@A.C
Yes, that is correct. With many threads AND the ability to switch thread in one clock cycle - you can efficiently hide latencies. Normal cpus switch threads in 100s of clock cycles, which means you can not mask latencies.
For instance, studies by Intel shows that a normal server x86 cpu, idles 50-60% of the time - under max load. Under full load - a typical x86 cpu waits for data 50-60% of the time. This means a x86 cpu running at 3GHz, is actually doing work corresponding to a 1.5GHz cpu.

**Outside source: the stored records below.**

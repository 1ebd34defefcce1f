-- ===== src/Pbft/Service/Order.antt =====
-- The histories of the queue: operations come in any order, some of them again, and sessions open and
-- close in between.
use bluzelle.Base.{
  ℕ, suc, ◌^◌, ◌≤◌, ◌<◌, ◌≡◌, refl, sym, ap, ◌∙◌, subst, Bool, List, [], ◌∷◌, Option, none, some,
  All-Mem, length, length-append, ltb, arith, Bool-cases, inl, inr, none-ne-some,
}
use mathlib.Core.List.{Memᴰ}
use bluzelle.Bytes.{Bytes, size}
use bluzelle.Storage.{MemStorage, read, max_value_size}
use bluzelle.Pbft.Operation.{Envelope, Operation, get_database_msg}
use bluzelle.Pbft.Service.{
  CrudBase, Wire, Awaited, Service, Outcome, finished, failed, unfinished, apply_operation,
  apply_operation_now, save_service_state_at, new_service,
}
use bluzelle.Pbft.Service.Queue.{
  Executed, nothing, request, snapshot, direct, ReadsBack, at_number, IsKept, Ends,
}
use bluzelle.Pbft.Service.Loop.{IsDrained}
use bluzelle.Pbft.Service.Arrival.{apply_operation-Ends}
use bluzelle.Pbft.Service.Entry.{while, new_service-Ends, apply_operation_now-Ends, while-IsDrained}

module _ {K D C : Type 0} (wire : Wire D) (base : CrudBase K D) where
  -- The states of a service on a storage without records of its own. The list holds the sequence
  -- numbers of the operations that came in.
  pub data Served (start : K) : List ℕ → Service K D C → Type 0 where
    started :
        {s : Service K D C} (uuid : Bytes) (storage : MemStorage)
        → ((key : Bytes) → read storage uuid key ≡ none)
        → new_service wire base uuid storage start ≡ finished s
        → Served start [] s
    applied :
        {asked : List ℕ} {s t : Service K D C} (alive : ℕ → Bool) (o : Operation D C)
        (session : Option ℕ) (d : D)
        → Served start asked s
        → get_database_msg o ≡ some d
        → size (wire.serialize d) ≤ max_value_size
        → o.sequence < 2 ^ 64
        → apply_operation (while wire alive) base (o, session) s ≡ finished t
        → Served start (o.sequence ∷ asked) t
    applied_now :
        {asked : List ℕ} {s t : Service K D C} (alive : ℕ → Bool) (e : Envelope)
        (session : Option ℕ)
        → Served start asked s
        → (apply_operation_now (while wire alive) base e session s).0 ≡ finished t
        → Served start asked t
    marked :
        {asked : List ℕ} {s : Service K D C} (sequence : ℕ)
        → Served start asked s
        → Served start asked (save_service_state_at wire base sequence s)

  Served-IsDrained :
      (start : K) (asked : List ℕ) (s : Service K D C)
      → ReadsBack wire
      → Served start asked s
      → IsDrained wire base start asked s
  unfolding save_service_state_at
  Served-IsDrained start asked s back (started uuid storage empty e) =
      subst (Ends wire base (IsDrained wire base start [])) e
        (new_service-Ends C wire base uuid storage start empty)
  Served-IsDrained start asked s back
        (applied {asked = before} {s = r} alive o session d h g fits small e) =
      while-IsDrained wire base alive wire.is_open start asked s (
        subst (Ends (while wire alive) base (IsDrained (while wire alive) base start asked)) e (
          apply_operation-Ends (while wire alive) base start before o session d r back
            (while-IsDrained wire base wire.is_open alive start before r
              (Served-IsDrained start before r back h))
            g fits small))
  Served-IsDrained start asked s back (applied_now {s = r} alive e session h f) =
      while-IsDrained wire base alive wire.is_open start asked s (
        subst (Ends (while wire alive) base (IsDrained (while wire alive) base start asked)) f (
          apply_operation_now-Ends (while wire alive) base start asked e session r (
            while-IsDrained wire base wire.is_open alive start asked r
              (Served-IsDrained start asked r back h))))
  Served-IsDrained start asked s back (marked {s = r} sequence h) =
      let (n, q, idle) = Served-IsDrained start asked r back h in
      (n, record { executed = q.executed; next = q.next; known = q.known; kept = q.kept }, idle)

  Executed-length :
      (start : K) (n : ℕ) (ops : List (Awaited D C)) (k : K)
      → Executed base wire.set_request_hash wire.is_direct start n ops k
      → length ops ≡ n
  Executed-length start n ops k nothing = refl
  Executed-length start n ops k (request {n = m} {ops = before} {k = j} o session shown e h p q r) =
      let rest = Executed-length start m before j h in
      omega (arith, length-append before ((o, session) ∷ []), rest)
  Executed-length start n ops k (snapshot {k = j} h) = Executed-length start n ops j h
  Executed-length start n ops k (direct {k = j} sender msg session d h) =
      Executed-length start n ops j h

  -- If protobuf reads back what it wrote, then in every state that a service on an empty storage
  -- reaches, by operations that come in with any sequence numbers in any order, by messages that go
  -- past the queue, and by marks for checkpoints: the state of crud comes from its first one by the
  -- requests of the executed operations with their hashes, which are all those with the sequence
  -- numbers from 1 up to their count (modulo 2^64), in this order and each once, and between them
  -- only by saving its state and by messages that go past the queue.
  pub executed_in_order :
      {start : K} {asked : List ℕ} {s : Service K D C}
      → ReadsBack wire
      → Served start asked s
      → Executed base wire.set_request_hash wire.is_direct start
          (length s.executed)
          s.executed
          s.crud
  executed_in_order {start} {asked} {s} back h =
      let (n, q, idle) = Served-IsDrained start asked s back h in
      subst (λ m. Executed base wire.set_request_hash wire.is_direct start m s.executed s.crud)
        (sym (Executed-length start n s.executed s.crud q.executed)) q.executed

  -- If protobuf reads back what it wrote, then in every state that a service on an empty storage
  -- reaches, where operations for all the sequence numbers from 1 up to a given one have come in,
  -- in any order, at least that many are executed.
  pub executed_all :
      {start : K} {asked : List ℕ} {s : Service K D C} (m : ℕ)
      → ReadsBack wire
      → Served start asked s
      → ((k : ℕ) → 1 ≤ k → k ≤ m → Memᴰ k asked)
      → m ≤ length s.executed
  executed_all {start} {asked} {s} m back h all =
      let (n, q, idle) = Served-IsDrained start asked s back h in
      let counted = Executed-length start n s.executed s.crud q.executed in
      elim (Bool-cases (ltb n m)) [
        | inr z ↦ ground (arith, counted, z)
        | inl z ↦
            let (small, kept) =
              All-Mem (IsKept n s) (suc n) asked q.kept
                (all (suc n) (omega arith) (ground (arith, z))) in
            let next : s.next_request_sequence ≡ suc n = omega (arith, q.next, small) in
            elim kept [
              | inl (v, e) ↦ absurd (none-ne-some (sym idle ∙ ap (at_number s) next ∙ e))
              | inr le ↦ absurd (omega (arith, le))
            ]
      ]

  -- If protobuf reads back what it wrote, then in every state that a service on an empty storage
  -- reaches, an operation with a request that is not too large for the storage either is taken in,
  -- and the call ends in a state where nothing is stored for the next sequence number, or crud has
  -- thrown an exception; the loop never runs out of rounds.
  pub apply_operation-Served :
      {start : K} {asked : List ℕ} {s : Service K D C} (alive : ℕ → Bool) (o : Operation D C)
      (session : Option ℕ) (d : D)
      → ReadsBack wire
      → Served start asked s
      → get_database_msg o ≡ some d
      → size (wire.serialize d) ≤ max_value_size
      → o.sequence < 2 ^ 64
      → Ends wire base
          (λ t. Served start (o.sequence ∷ asked) t × (at_number t t.next_request_sequence ≡ none))
          (apply_operation (while wire alive) base (o, session) s)
  apply_operation-Served {start} {asked} {s} alive o session d back h g fits small =
      go (apply_operation (while wire alive) base (o, session) s) refl (
        apply_operation-Ends (while wire alive) base start asked o session d s back
          (while-IsDrained wire base wire.is_open alive start asked s
            (Served-IsDrained start asked s back h))
          g fits small)
    where
      go :
          (r : Outcome (Service K D C))
          → apply_operation (while wire alive) base (o, session) s ≡ r
          → Ends
              (while wire alive)
              base
              (IsDrained (while wire alive) base start (o.sequence ∷ asked))
              r
          → Ends wire base
              (λ t.
                Served start (o.sequence ∷ asked) t × (at_number t t.next_request_sequence ≡ none))
              r
      go (finished t) e (n, q, idle) = (applied alive o session d h g fits small e, idle)
      go (failed x t) e k = k
      go (unfinished t) e k = k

That is the reason normal cpus have big caches, complex prefetch logic, etc - to try to minimize latencies. CPUs have reach high GHz, but RAM is still slow. Thus, if you have a 5GHz cpu and the RAM is 1GHz - then the CPU needs to wait for RAM all the time. But if both the cpu and RAM runs at 1GHz, then cpu need not to wait. Thus, high clocked cpus are not really meaningul. 5GHz POWER6 cpus using 1GHz RAM is really pointless. Even IBM seems to understand this now, as IBM has decreased clock speed and increased the nr of cores.
So, how successful is the Niagara approach? Well, the Niagara idles 5-10% under full load - waiting for data. That is much better than 50-60%. Thus, the Niagara at 1.6GHz competes with, and outperforms in some cases, much higher clocked cpus. In fact, Niagara holds several world records today, beating mich higher clocked x86 and POWER7 cpus.
http://blogs.oracle.com/BestPerf/entry/20110812_x6270m2_specjenterprise2010
The funny thing is that Niagara has a tiny cache, because it hides latencies very well. Thus, Niagara is fastest in the world in some cases, without big caches. What does that prove? It proves that Niagara is not cache starved. If it were cache starved, it would never beat 5 GHz cpus. You need 14 (fourteen) POWER6 at 5GHz to match four (4) Niagara T2+ cpus at 1.6GHz in official SIEBEL v8 benchmarks. How is that possible if the Niagara is cache starved?
Conclusion, the ability to hide latencies can be very valuable.